Starting with the line that contains "write_factors [] = ok []" and stopping after the line that contains "decimal (op_number inst.op)", copy the entries below exactly. Include nothing else.

[Start of section]

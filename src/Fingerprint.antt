-- ===== src/Fingerprint.antt =====
-- factorengine/compiler_cache.go: the key of a compilation, `BuildCompileCacheKey` with
-- `RegistryFingerprint`; and `Fingerprint` of factorengine/bytecode.go.
use risk_engine.Prelude.{
  ℕ, suc, Bool, true, false, Option, none, some, List, [], ◌∷◌, ◌++◌, Str, bytes, str_lt, join,
  decimal,
}
use risk_engine.Prelude.Int.{ℤ, pos, negsuc}
use risk_engine.Prelude.Sorting.{sort}
use risk_engine.Outcome.{Outcome, ok, panic, ◌>>=◌}
use risk_engine.Operators.{type_text, name_text}
use risk_engine.Schema.{
  FieldSchema, field_schema, FieldPtr, nil, ref, Schema, empty, field, FactorDefinition,
  FactorRegistry, RpcFactorConfig,
}
use risk_engine.Value.{Value}
use risk_engine.Accessor.{FactorValueAccessor}
use risk_engine.Bytecode.{OpCode, Instruction, BytecodeProgram}

-- `json.Marshal` of a map of strings, and `hex.EncodeToString` of `sha256.Sum256`.
pub record Encoders : Type 0 where
  pub marshal : List (Str × Str) → Outcome Str
  pub sha256_hex : Str → Str

-- `%d`, and `strconv.FormatBool`.
abbrev pub format_int : ℤ → Str
format_int (pos n) = decimal n
format_int (negsuc n) = b'-' ∷ decimal (suc n)

abbrev pub format_bool : Bool → Str
format_bool true = bytes "true"
format_bool false = bytes "false"

-- The order of `sort.Strings` on entries by their keys.
abbrev pub key_less : {V : Type 0} → Str × V → Str × V → Bool
key_less (j, v) (k, w) = str_lt j k

-- `key + ":" + fieldFingerprint`.
write_parts : List (Str × Str) → List Str
write_parts [] = []
write_parts ((k, p) ∷ parts) = (k ++ b':' ∷ p) ∷ write_parts parts

-- The entries in the order of their keys, in braces.
braces : List (Str × Str) → Str
unfolding write_parts sort str_lt join
braces parts = b'{' ∷ (join (bytes ",") (write_parts (sort key_less parts)) ++ bytes "}")

mutual
  unfolding braces

  -- `fieldSchemaFingerprint`.
  field_fingerprint : FieldSchema → Str
  field_fingerprint (field_schema t required fields elem) =
      type_text t ++ b':' ∷ (format_bool required ++ (elem_part elem ++ fields_part fields))

  pointer_fingerprint : FieldPtr → Str
  pointer_fingerprint nil = bytes "null"
  pointer_fingerprint (ref f) = field_fingerprint f

  elem_part : FieldPtr → Str
  elem_part nil = []
  elem_part (ref f) = bytes ":elem=" ++ field_fingerprint f

  fields_part : Schema → Str
  fields_part empty = []
  fields_part (field k f s) =
      bytes ":fields=" ++ braces ((k, pointer_fingerprint f) ∷ field_fingerprints s)

  field_fingerprints : Schema → List (Str × Str)
  field_fingerprints empty = []
  field_fingerprints (field k f s) = (k, pointer_fingerprint f) ∷ field_fingerprints s

-- `schemaFingerprint`; it has no error but those of the fields, which have none.
unfoldable pub schema_fingerprint : Schema → Str
unfolding field_fingerprints braces
schema_fingerprint empty = bytes "{}"
schema_fingerprint (field k f s) = braces (field_fingerprints (field k f s))

module _ (enc : Encoders) where
  unfoldable pub rpc_config_fingerprint : RpcFactorConfig → Outcome Str
  rpc_config_fingerprint config = do
    request_mapping ← enc.marshal config.request_mapping
    response_mapping ← enc.marshal config.response_mapping
    ok (
        join (bytes "|") (
          config.idl_code
          ∷ format_int config.idl_version
          ∷ config.service
          ∷ config.method
          ∷ request_mapping
          ∷ response_mapping
          ∷ []))

  -- One round of the loop of `RegistryFingerprint`; a nil definition is a panic.
  unfoldable pub factor_fingerprint : Str → Option FactorDefinition → Outcome Str
  unfolding schema_fingerprint rpc_config_fingerprint sort
  factor_fingerprint factor_code none = panic
  factor_fingerprint factor_code (some def) = do
    config ← rpc_config_fingerprint def.config
    ok (
        join (bytes "|") (
          factor_code
          ∷ def.factor_category
          ∷ def.factor_type
          ∷ format_bool def.published
          ∷ schema_fingerprint def.input_schema
          ∷ schema_fingerprint def.output_schema
          ∷ join (bytes ",") (sort str_lt def.dependencies)
          ∷ config
          ∷ [])
        ++ bytes ";")

  unfoldable pub write_factors : FactorRegistry → Outcome Str
  unfolding factor_fingerprint
  write_factors [] = ok []
  write_factors ((factor_code, def) ∷ factors) = do
    s ← factor_fingerprint factor_code def
    rest ← write_factors factors
    ok (s ++ rest)

  unfoldable pub registry_fingerprint : FactorRegistry → Outcome Str
  unfolding write_factors sort
  registry_fingerprint registry = write_factors (sort key_less registry)

  unfoldable pub build_compile_cache_key : Str → FactorRegistry → Outcome Str
  unfolding registry_fingerprint
  build_compile_cache_key expr registry = do
    fingerprint ← registry_fingerprint registry
    ok (expr ++ (bytes "::" ++ fingerprint))

-- The numbers of the opcodes.
unfoldable pub op_number : OpCode → ℕ
op_number OpCode.push_const = 0
op_number OpCode.load_factor = 1
op_number OpCode.make_list = 2
op_number OpCode.make_map = 3
op_number OpCode.unary_not = 4
op_number OpCode.unary_neg = 5
op_number OpCode.binary_lt = 6
op_number OpCode.binary_le = 7
op_number OpCode.binary_gt = 8
op_number OpCode.binary_ge = 9
op_number OpCode.binary_eq = 10
op_number OpCode.binary_ne = 11
op_number OpCode.binary_add = 12
op_number OpCode.binary_sub = 13
op_number OpCode.binary_mul = 14
op_number OpCode.binary_div = 15
op_number OpCode.jump_if_false = 16
op_number OpCode.jump_if_true = 17
op_number OpCode.jump = 18
op_number OpCode.call_builtin = 19
op_number (OpCode.unknown n) = n

unfoldable pub write_all : {A : Type 0} → (A → Str) → List A → Str
write_all f [] = []
write_all f (x ∷ xs) = f x ++ write_all f xs

unfoldable pub write_instruction : Instruction → Str
unfolding op_number
write_instruction inst =
    decimal (op_number inst.op)
    ++ b':' ∷ (decimal inst.arg ++ b':' ∷ (decimal inst.aux ++ bytes ";"))

-- What `fmt` prints for a constant (`%T=%#v`) and for an accessor (`%#v`).
pub record Printer (D : Type 0) : Type 0 where
  pub const_text : Value D → Str
  pub accessor_text : FactorValueAccessor → Str

module _ {D : Type 0} (printer : Printer D) where
  unfoldable pub fingerprint_source : BytecodeProgram D → Str
  unfolding write_all write_instruction
  fingerprint_source p =
      bytes "result="
      ++ (type_text p.result_type
          ++ b'|'
            ∷ (write_all write_instruction p.instructions
                ++ b'|'
                  ∷ (write_all (λ v. printer.const_text v ++ bytes ";") p.constants
                      ++ b'|'
                        ∷ (write_all (λ a. printer.accessor_text a ++ bytes ";") p.accessors
                            ++ b'|' ∷ write_all (λ name. name_text name ++ bytes ";") p.builtins))))

  unfoldable pub fingerprint : Encoders → BytecodeProgram D → Str
  unfolding fingerprint_source
  fingerprint enc p = enc.sha256_hex (fingerprint_source p)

[End of section]

» Exercise result:
  write_factors [] = ok []
  write_factors ((factor_code, def) ∷ factors) = do
    s ← factor_fingerprint factor_code def
    rest ← write_factors factors
    ok (s ++ rest)

  unfoldable pub registry_fingerprint : FactorRegistry → Outcome Str
  unfolding write_factors sort
  registry_fingerprint registry = write_factors (sort key_less registry)

  unfoldable pub build_compile_cache_key : Str → FactorRegistry → Outcome Str
  unfolding registry_fingerprint
  build_compile_cache_key expr registry = do
    fingerprint ← registry_fingerprint registry
    ok (expr ++ (bytes "::" ++ fingerprint))

-- The numbers of the opcodes.
unfoldable pub op_number : OpCode → ℕ
op_number OpCode.push_const = 0
op_number OpCode.load_factor = 1
op_number OpCode.make_list = 2
op_number OpCode.make_map = 3
op_number OpCode.unary_not = 4
op_number OpCode.unary_neg = 5
op_number OpCode.binary_lt = 6
op_number OpCode.binary_le = 7
op_number OpCode.binary_gt = 8
op_number OpCode.binary_ge = 9
op_number OpCode.binary_eq = 10
op_number OpCode.binary_ne = 11
op_number OpCode.binary_add = 12
op_number OpCode.binary_sub = 13
op_number OpCode.binary_mul = 14
op_number OpCode.binary_div = 15
op_number OpCode.jump_if_false = 16
op_number OpCode.jump_if_true = 17
op_number OpCode.jump = 18
op_number OpCode.call_builtin = 19
op_number (OpCode.unknown n) = n

unfoldable pub write_all : {A : Type 0} → (A → Str) → List A → Str
write_all f [] = []
write_all f (x ∷ xs) = f x ++ write_all f xs

unfoldable pub write_instruction : Instruction → Str
unfolding op_number
write_instruction inst =
    decimal (op_number inst.op)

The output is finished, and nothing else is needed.